*WHAT IS REQUIRED*: Repeat only the lines below from the one containing "abbrev pub filled" through the one containing "delivered = [];", inclusive, exactly as written.

*SUPPLIED RECORDS*:
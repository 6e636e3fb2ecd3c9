-- ===== src/Runtime/Pump/Drain.antt =====
-- What one round of the pump of src/runtime.rs does with the outbound channel.
use smoltcp_socks.Common.{
  ◌≡◌, refl, ap, ◌∙◌, true, false, List, [], ◌∷◌, none, some, Bool, if◌then◌else◌,
}
use smoltcp_socks.Mpsc.{Mpsc, MpscLaws, first, behind}
use smoltcp_socks.Device.{Packet}
use smoltcp_socks.Runtime.Pump.{Pumping, outbound_ready, leave, on_outbound, pump_round}
use smoltcp_socks.Runtime.Pump.Flow.{taken_by}

module _ (m : Mpsc Packet) (laws : MpscLaws m) where
  -- A packet that is there leaves the channel.
  pub round_takes :
      (s : Pumping m) (p : Packet) (l : List Packet)
      → m.queued s.bridge.outbound ≡ p ∷ l
      → ((pump_round m (outbound_ready true) s).running ≡ s.running)
        × (m.queued (pump_round m (outbound_ready true) s).bridge.outbound ≡ l)
  unfolding pump_round on_outbound
  round_takes s p l e =
      let c = s.bridge.outbound in
      let r = laws.recv_ready c p (ap first e) in
      (rw r refl, rw r (laws.recv_queued c ∙ ap behind e))

  -- Without a packet and without a sender the pump ends.
  pub round_ends :
      (s : Pumping m)
      → m.queued s.bridge.outbound ≡ []
      → m.has_sender s.bridge.outbound ≡ false
      → ((pump_round m (outbound_ready true) s).running ≡ false)
        × (taken_by m true (m.recv s.bridge.outbound) ≡ [])
  unfolding pump_round on_outbound leave
  round_ends s e off =
      let c = s.bridge.outbound in
      let r : m.recv c ≡ some (none, c) =
        laws.recv_waits c e ∙ ap (λ (b : Bool). if b then none else some (none, c)) off in
      (rw r refl, rw r refl)
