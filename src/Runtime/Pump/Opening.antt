-- ===== src/Runtime/Pump/Opening.antt =====
-- How src/runtime.rs configures the TUN device, against what the stack is told of it.
use native.Mathlib.Nat.{mod-eq_of_lt}
use smoltcp_socks.Common.{ℕ, ◌≤◌, ◌<◌, ◌≡◌, ◌^◌, ◌∙◌, true, Option, none, some, Bytes, ok, arith}
use smoltcp_socks.Config.{Config}
use smoltcp_socks.Mpsc.{Mpsc}
use smoltcp_socks.Netstack.{resolve_mtu}
use smoltcp_socks.Netstack.Interface.{InterfaceApi, InterfaceLaws}
use smoltcp_socks.Netstack.Socket.{Tcp, TcpLaws, SocketSet, SocketSetLaws}
use smoltcp_socks.Device.{Packet, capabilities}
use smoltcp_socks.Runtime.{Started, start, tun_mtu}
use smoltcp_socks.Runtime.Checks.{start-IsStarted}
use smoltcp_socks.Runtime.Pump.{Tun, TunLaws, set_name, configuration}

resolved : (cfg : Config) → cfg.mtu < 2 ^ 16 → (1 ≤ resolve_mtu cfg) × (resolve_mtu cfg < 2 ^ 16)
unfolding resolve_mtu
resolved cfg h = ground arith

-- The configuration of a device: up, with this MTU, and with this name if there is one.
pub record Configures (tun : Tun) (c : tun.Configuration) (name : Option Bytes) (mtu : ℕ)
    : Type 0 where
  pub up : tun.is_up c ≡ true
  pub mtu_set : tun.mtu_of c ≡ some mtu
  pub named : tun.name_of c ≡ name

configuration-Configures :
    (tun : Tun) (laws : TunLaws tun) (name : Option Bytes) (mtu : ℕ)
    → Configures tun (configuration tun name mtu) name (tun_mtu mtu)
unfolding configuration set_name
configuration-Configures tun laws none mtu = record {
  up = laws.mtu_up (tun_mtu mtu) (tun.up tun.default) ∙ laws.up_up tun.default;
  mtu_set = laws.mtu_mtu (tun_mtu mtu) (tun.up tun.default);
  named =
      laws.mtu_name (tun_mtu mtu) (tun.up tun.default)
      ∙ laws.up_name tun.default
      ∙ laws.default_unnamed;
}
configuration-Configures tun laws (some name) mtu =
    let c = tun.mtu (tun_mtu mtu) (tun.up tun.default) in
    record {
      up =
          laws.name_up name c
          ∙ laws.mtu_up (tun_mtu mtu) (tun.up tun.default)
          ∙ laws.up_up tun.default;
      mtu_set = laws.name_mtu name c ∙ laws.mtu_mtu (tun_mtu mtu) (tun.up tun.default);
      named = laws.name_name name c;
    }

module _ (m : Mpsc Packet) (api : InterfaceApi) (iface_laws : InterfaceLaws api) (t : Tcp)
    (laws : TcpLaws t) (ss : SocketSet t) (set_laws : SocketSetLaws t ss) (tun : Tun)
    (tun_laws : TunLaws tun) where
  -- If the configured MTU is a 16-bit number then its narrowing to 16 bits loses nothing: the pump of
  -- a started program configures its device to be up, with the name that it was given, if any, and
  -- with the MTU that the stack is told of, which is not 0.
  pub start-Configures :
      (now : ℕ) (cfg : Config) (r : Started m api t ss) (name : Option Bytes)
      → cfg.mtu < 2 ^ 16
      → start m api t ss now cfg ≡ some (ok r)
      → (mtu : ℕ) × (mtu ≡ (capabilities r.bridge.phy).max_transmission_unit)
        × (1 ≤ mtu)
        × Configures tun (configuration tun name r.pump_mtu) name mtu
  unfolding tun_mtu
  start-Configures now cfg r name b h =
      let s = start-IsStarted m api t ss iface_laws laws set_laws now cfg r h in
      let fits = resolved cfg b in
      let whole =
        mod-eq_of_lt {n = r.pump_mtu} {m = 2 ^ 16} (omega (arith, fits.1, s.mtu_resolved)) in
      (
        tun_mtu r.pump_mtu,
        whole ∙ s.same_mtu,
        omega (arith, whole, fits.0, s.mtu_resolved),
        configuration-Configures tun tun_laws name r.pump_mtu,
      )
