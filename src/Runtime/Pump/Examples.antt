-- ===== src/Runtime/Pump/Examples.antt =====
-- Tests of the pump of src/runtime.rs, and its theorems at concrete packets.
use smoltcp_socks.Common.{
  ◌≡◌, ◌≤◌, refl, ℕ, Bool, true, false, List, [], ◌∷◌, Option, none, some, Bytes, codes, Result, ok,
  err, arith,
}
use smoltcp_socks.Common.Decimal.{parse_uint}
use smoltcp_socks.Common.Text.{strip_prefix, split_once, rsplit_once, same, to_ascii_lowercase}
use smoltcp_socks.Config.{Config}
use smoltcp_socks.Mpsc.Toy.{channels, channels_laws}
use smoltcp_socks.Netstack.{resolve_mtu}
use smoltcp_socks.Netstack.Actor.{with_channels}
use smoltcp_socks.Netstack.Interface.{build_interface, ipv6_unspecified}
use smoltcp_socks.Netstack.Interface.Toy.{toy_api, toy_api_laws}
use smoltcp_socks.Netstack.Spawn.{System, spawn}
use smoltcp_socks.Netstack.Toy.{toy, toy_laws, toy_set, toy_set_laws}
use smoltcp_socks.Proxy.{parse, into_proxy}
use smoltcp_socks.Socks5
use smoltcp_socks.Device.{capabilities, consume, new}
use smoltcp_socks.Runtime.{Started, start, tun_mtu, parse_tun_name}
use smoltcp_socks.Runtime.Pump.{
  Tun, TunLaws, create_tun, open_tun, configuration, Pumping, PumpEvent, tun_read, outbound_ready,
  tun_pump, starting,
}
use smoltcp_socks.Runtime.Pump.Opening.{Configures, start-Configures}
use smoltcp_socks.Runtime.Pump.Flow.{Flow, still, Reach, here, next, pumps, transmits}
use smoltcp_socks.Runtime.Pump.Closed.{IsClosed, IsIdle, unopened-IsClosed}

-- A device that is its configuration: whether it is up, its MTU and its name. Only a device with a
-- name can be created.
abbrev Settings : Type 0
Settings = Bool × Option ℕ × Option Bytes

abbrev named_only : Option Bytes → Settings → Result Settings (Unit {0})
named_only (some name) c = ok c
named_only none c = err tt

abbrev toy_tun : Tun
toy_tun = record {
  Configuration = Settings;
  AsyncDevice = Settings;
  CreateError = Unit {0};
  default = (false, none, none);
  up = λ c. (true, c.1, c.2);
  mtu = λ n c. (c.0, some n, c.2);
  tun_name = λ s c. (c.0, c.1, some s);
  create_as_async = λ c. named_only c.2 c;
  is_up = λ c. c.0;
  mtu_of = λ c. c.1;
  name_of = λ c. c.2;
}

toy_tun_laws : TunLaws toy_tun
toy_tun_laws = record {
  default_unnamed = refl;
  up_up = λ c. refl;
  up_name = λ c. refl;
  mtu_mtu = λ n c. refl;
  mtu_up = λ n c. refl;
  mtu_name = λ n c. refl;
  name_name = λ s c. refl;
  name_up = λ s c. refl;
  name_mtu = λ s c. refl;
}

open_runs : open_tun toy_tun false (codes "tun://t0") 1500 ≡ ok (true, some 1500, some (codes "t0"))
unfolding open_tun configuration tun_mtu parse_tun_name strip_prefix
open_runs = refl

unnamed_fails : open_tun toy_tun false (codes "tun://") 1500 ≡ err (create_tun tt)
unfolding open_tun configuration tun_mtu parse_tun_name strip_prefix
unnamed_fails = refl

-- A packet from the device and one from smoltcp, which the pump writes; then a read that fails.
abbrev begun : Pumping channels
begun = starting channels (new channels 1500)

abbrev pub filled : Bytes → Unit {0} × Bytes
filled b = (tt, 7 ∷ b)

abbrev after_send : Pumping channels
unfolding new consume
after_send = record begun { bridge = (consume channels 1 filled begun.bridge).1 }

abbrev events : List PumpEvent
events = tun_read (some (1 ∷ [])) ∷ outbound_ready true ∷ tun_read none ∷ []

pump_runs :
    (tun_pump channels toy_tun false (codes "t0") 1500 events after_send).written
    ≡ (7 ∷ 0 ∷ []) ∷ []
unfolding tun_pump open_tun configuration tun_mtu parse_tun_name strip_prefix new consume
pump_runs = refl

abbrev flow : Flow
flow = record {
  arrived = (1 ∷ []) ∷ [];
  delivered = [];
  sent = (7 ∷ 0 ∷ []) ∷ [];
  taken = ((7 ∷ 0 ∷ []), true) ∷ [];
}

abbrev last : Pumping channels
unfolding new consume tun_pump open_tun configuration tun_mtu parse_tun_name strip_prefix
last = tun_pump channels toy_tun false (codes "t0") 1500 events after_send

run : Reach channels begun last flow
unfolding tun_pump open_tun configuration tun_mtu parse_tun_name strip_prefix new consume
run =
    next
      (next
        (next (next here (transmits 1 filled refl refl refl) refl)
          (pumps (tun_read (some (1 ∷ []))) refl refl refl) refl)
        (pumps (outbound_ready true) refl refl refl) refl)
      (pumps (tun_read none) refl refl refl) refl

-- The device cannot be opened, and what smoltcp sends is dropped.
abbrev unopened : Pumping channels
unopened = tun_pump channels toy_tun false (codes "tun://") 1500 events begun

dropped :
    Reach channels unopened
      (record unopened { bridge = (consume channels 1 filled unopened.bridge).1 })
      still
unfolding new tun_pump open_tun configuration tun_mtu parse_tun_name strip_prefix consume
dropped = next here (transmits 1 filled refl refl refl) refl

unopened-IsClosed_example :
    IsClosed channels
      (record unopened { bridge = (consume channels 1 filled unopened.bridge).1 })
      []
    × IsIdle still
unopened-IsClosed_example =
    unopened-IsClosed channels channels_laws toy_tun false (codes "tun://") 1500 events begun
      (record unopened { bridge = (consume channels 1 filled unopened.bridge).1 }) still
      (create_tun tt) unnamed_fails dropped

-- A whole start.
abbrev pub cfg : Config
cfg = record {
  device = codes "tun://t0";
  proxy = codes "socks5://h:7";
  mtu = 0;
  fwmark = 0;
  interface = none;
  udp_timeout = 60;
  log_level = codes "info";
}

or_else {ℓ} : {A : Type ℓ} → Option A → A → A
or_else none d = d
or_else (some a) d = a

unfoldable abbrev pub system : System toy toy_set
unfolding or_else spawn with_channels
system = or_else (spawn toy toy_set) (record {
  actor = none;
  accepted = [];
  dispatching = false;
  relays = [];
  handle = record { sent = 0; held = false };
})

unfoldable abbrev pub started : Started channels toy_api toy toy_set
unfolding or_else spawn with_channels
started = record {
  proxy = record { host = codes "h"; port = 7; creds = none };
  bridge = new channels 1500;
  iface = record {
    any_ip = true;
    ipv4_route = some (0 ∷ 0 ∷ 0 ∷ 0 ∷ []);
    ipv6_route = some ipv6_unspecified;
  };
  system = system;
  pump_device = codes "tun://t0";
  pump_mtu = 1500;
  runtime = record { handle = system.handle };
}

pub start_runs : start channels toy_api toy toy_set 0 cfg ≡ some (ok started)
unfolding start parse split_once rsplit_once same to_ascii_lowercase parse_uint resolve_mtu new
    into_proxy Socks5.new or_else spawn with_channels build_interface capabilities
start_runs = refl

start-Configures_example :
    (mtu : ℕ) × (mtu ≡ (capabilities started.bridge.phy).max_transmission_unit)
    × (1 ≤ mtu)
    × Configures toy_tun
        (configuration toy_tun (some (codes "t0")) started.pump_mtu)
        (some (codes "t0"))
        mtu
start-Configures_example =
    start-Configures channels toy_api toy_api_laws toy toy_laws toy_set toy_set_laws toy_tun
      toy_tun_laws 0 cfg started (some (codes "t0")) (omega arith) start_runs
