-- ===== src/Runtime/Pump/Links.antt =====
-- Who holds the ends of the two packet channels: the actor the receiver of the inbound one and the
-- sender of the outbound one, the pump the other two.
use smoltcp_socks.Common.{
  ℕ, ◌≡◌, refl, ap, sym, subst, ◌∙◌, Bool, true, false, Option, none, some, Bytes, replicate,
}
use smoltcp_socks.Mpsc.{Mpsc, MpscLaws}
use smoltcp_socks.Device.{Packet, new, take_in, pop_front, consume, queue_depth}
use smoltcp_socks.Device.Receive.{take_in_flow, pop_front-IsPopped}
use smoltcp_socks.Runtime.Pump.{
  PumpEvent, tun_read, outbound_ready, Pumping, starting, leave, on_read, on_outbound, pump_round,
}
use smoltcp_socks.Runtime.Pump.Queue.{recv_some, recv_ended}
use smoltcp_socks.Runtime.Pump.Flow.{
  Flow, Step, pumps, cannot_open, takes_in, pops, transmits, stack_ends, IsMove, without_stack,
}

module _ (m : Mpsc Packet) where
  -- `stack` says whether the actor's task runs.
  pub record IsLinked (stack : Bool) (s : Pumping m) : Type 0 where
    pub stack_receives : m.has_receiver s.bridge.inbound ≡ stack
    pub stack_sends : m.has_sender s.bridge.outbound ≡ stack
    pub pump_sends : m.has_sender s.bridge.inbound ≡ s.running
    pub pump_receives : m.has_receiver s.bridge.outbound ≡ s.running

  module _ (laws : MpscLaws m) where
    pub starting-IsLinked : (mtu : ℕ) → IsLinked true (starting m (new m mtu))
    unfolding new
    starting-IsLinked mtu = record {
      stack_receives = laws.new_receiver queue_depth;
      stack_sends = laws.new_sender queue_depth;
      pump_sends = laws.new_sender queue_depth;
      pump_receives = laws.new_receiver queue_depth;
    }

    pub without_stack-IsLinked :
        (stack : Bool) (s : Pumping m) → IsLinked stack s → IsLinked false (without_stack m s)
    without_stack-IsLinked stack s h = record {
      stack_receives = laws.receiver_dropped s.bridge.inbound;
      stack_sends = laws.sender_dropped s.bridge.outbound;
      pump_sends = laws.receiver_sender s.bridge.inbound ∙ h.pump_sends;
      pump_receives = laws.sender_receiver s.bridge.outbound ∙ h.pump_receives;
    }

    leave-IsLinked : (stack : Bool) (s : Pumping m) → IsLinked stack s → IsLinked stack (leave m s)
    unfolding leave
    leave-IsLinked stack s h = record {
      stack_receives = laws.sender_receiver s.bridge.inbound ∙ h.stack_receives;
      stack_sends = laws.receiver_sender s.bridge.outbound ∙ h.stack_sends;
      pump_sends = laws.sender_dropped s.bridge.inbound;
      pump_receives = laws.receiver_dropped s.bridge.outbound;
    }

    read-IsLinked :
        (stack : Bool) (o : Option Packet) (s : Pumping m)
        → IsLinked stack s
        → IsLinked stack (on_read m o s)
    unfolding on_read
    read-IsLinked stack none s h = leave-IsLinked stack s h
    read-IsLinked stack (some p) s h =
        let ends = laws.send_ends p s.bridge.inbound in
        record {
          stack_receives = ends.has_receiver ∙ h.stack_receives;
          stack_sends = h.stack_sends;
          pump_sends = ends.has_sender ∙ h.pump_sends;
          pump_receives = h.pump_receives;
        }

    outbound-IsLinked :
        (stack w : Bool) (o : Option (Option Packet × m.Chan)) (s : Pumping m)
        → m.recv s.bridge.outbound ≡ o
        → IsLinked stack s
        → IsLinked stack (on_outbound m w o s)
    unfolding on_outbound
    outbound-IsLinked stack w none s e h = h
    outbound-IsLinked stack w (some (none, c)) s e h =
        let q = recv_ended m laws s.bridge.outbound c e in
        leave-IsLinked stack (record s { bridge = record s.bridge { outbound = c } })
          (record {
            stack_receives = h.stack_receives;
            stack_sends = ap m.has_sender (sym q) ∙ h.stack_sends;
            pump_sends = h.pump_sends;
            pump_receives = ap m.has_receiver (sym q) ∙ h.pump_receives;
          })
    outbound-IsLinked stack w (some (some p, c)) s e h =
        let (ends, q) = recv_some m laws s.bridge.outbound c p e in
        record {
          stack_receives = h.stack_receives;
          stack_sends = ends.has_sender ∙ h.stack_sends;
          pump_sends = h.pump_sends;
          pump_receives = ends.has_receiver ∙ h.pump_receives;
        }

    round-IsLinked :
        (stack : Bool) (e : PumpEvent) (s : Pumping m)
        → IsLinked stack s
        → IsLinked stack (pump_round m e s)
    unfolding pump_round
    round-IsLinked stack (tun_read o) s h = read-IsLinked stack o s h
    round-IsLinked stack (outbound_ready w) s h =
        outbound-IsLinked stack w (m.recv s.bridge.outbound) s refl h

    take_in-IsLinked :
        (stack : Bool) (s : Pumping m)
        → IsLinked stack s
        → IsLinked stack (record s { bridge = (take_in m s.bridge).1 })
    take_in-IsLinked stack s h =
        let same = (take_in_flow m laws s.bridge).0 in
        record {
          stack_receives = same.same_ends.has_receiver ∙ h.stack_receives;
          stack_sends = ap m.has_sender same.same_outbound ∙ h.stack_sends;
          pump_sends = same.same_ends.has_sender ∙ h.pump_sends;
          pump_receives = ap m.has_receiver same.same_outbound ∙ h.pump_receives;
        }

    pop-IsLinked :
        (stack : Bool) (s : Pumping m)
        → IsLinked stack s
        → IsLinked stack (record s { bridge = (pop_front m s.bridge).1 })
    pop-IsLinked stack s h =
        let p = pop_front-IsPopped m s.bridge in
        record {
          stack_receives = ap m.has_receiver p.inbound_kept ∙ h.stack_receives;
          stack_sends = ap m.has_sender p.outbound_kept ∙ h.stack_sends;
          pump_sends = ap m.has_sender p.inbound_kept ∙ h.pump_sends;
          pump_receives = ap m.has_receiver p.outbound_kept ∙ h.pump_receives;
        }

    consume-IsLinked :
        (stack : Bool) (len : ℕ) (fill : Bytes → Unit {0} × Bytes) (s : Pumping m)
        → IsLinked stack s
        → IsLinked stack (record s { bridge = (consume m len fill s.bridge).1 })
    unfolding consume
    consume-IsLinked stack len fill s h =
        let ends = laws.send_ends (fill (replicate len 0)).1 s.bridge.outbound in
        record {
          stack_receives = h.stack_receives;
          stack_sends = ends.has_sender ∙ h.stack_sends;
          pump_sends = h.pump_sends;
          pump_receives = ends.has_receiver ∙ h.pump_receives;
        }

    pub Step-IsLinked :
        (stack : Bool) (s u : Pumping m) (f : Flow) (st : Step m s u f)
        → IsMove m st
        → IsLinked stack s
        → IsLinked stack u
    Step-IsLinked stack s u f (pumps e r p q) k h =
        subst (IsLinked stack) (sym p) (round-IsLinked stack e s h)
    Step-IsLinked stack s u f (cannot_open r p q) k h =
        subst (IsLinked stack) (sym p) (leave-IsLinked stack s h)
    Step-IsLinked stack s u f (takes_in r p q) k h =
        subst (IsLinked stack) (sym p) (take_in-IsLinked stack s h)
    Step-IsLinked stack s u f (pops r p q) k h =
        subst (IsLinked stack) (sym p) (pop-IsLinked stack s h)
    Step-IsLinked stack s u f (transmits len fill r p q) k h =
        subst (IsLinked stack) (sym p) (consume-IsLinked stack len fill s h)
    Step-IsLinked stack s u f (stack_ends p q) k h = elim k [ ]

*WRITTEN SOLUTION*:
abbrev pub filled : Bytes → Unit {0} × Bytes
filled b = (tt, 7 ∷ b)

abbrev after_send : Pumping channels
unfolding new consume
after_send = record begun { bridge = (consume channels 1 filled begun.bridge).1 }

abbrev events : List PumpEvent
events = tun_read (some (1 ∷ [])) ∷ outbound_ready true ∷ tun_read none ∷ []

pump_runs :
    (tun_pump channels toy_tun false (codes "t0") 1500 events after_send).written
    ≡ (7 ∷ 0 ∷ []) ∷ []
unfolding tun_pump open_tun configuration tun_mtu parse_tun_name strip_prefix new consume
pump_runs = refl

abbrev flow : Flow
flow = record {
  arrived = (1 ∷ []) ∷ [];
  delivered = [];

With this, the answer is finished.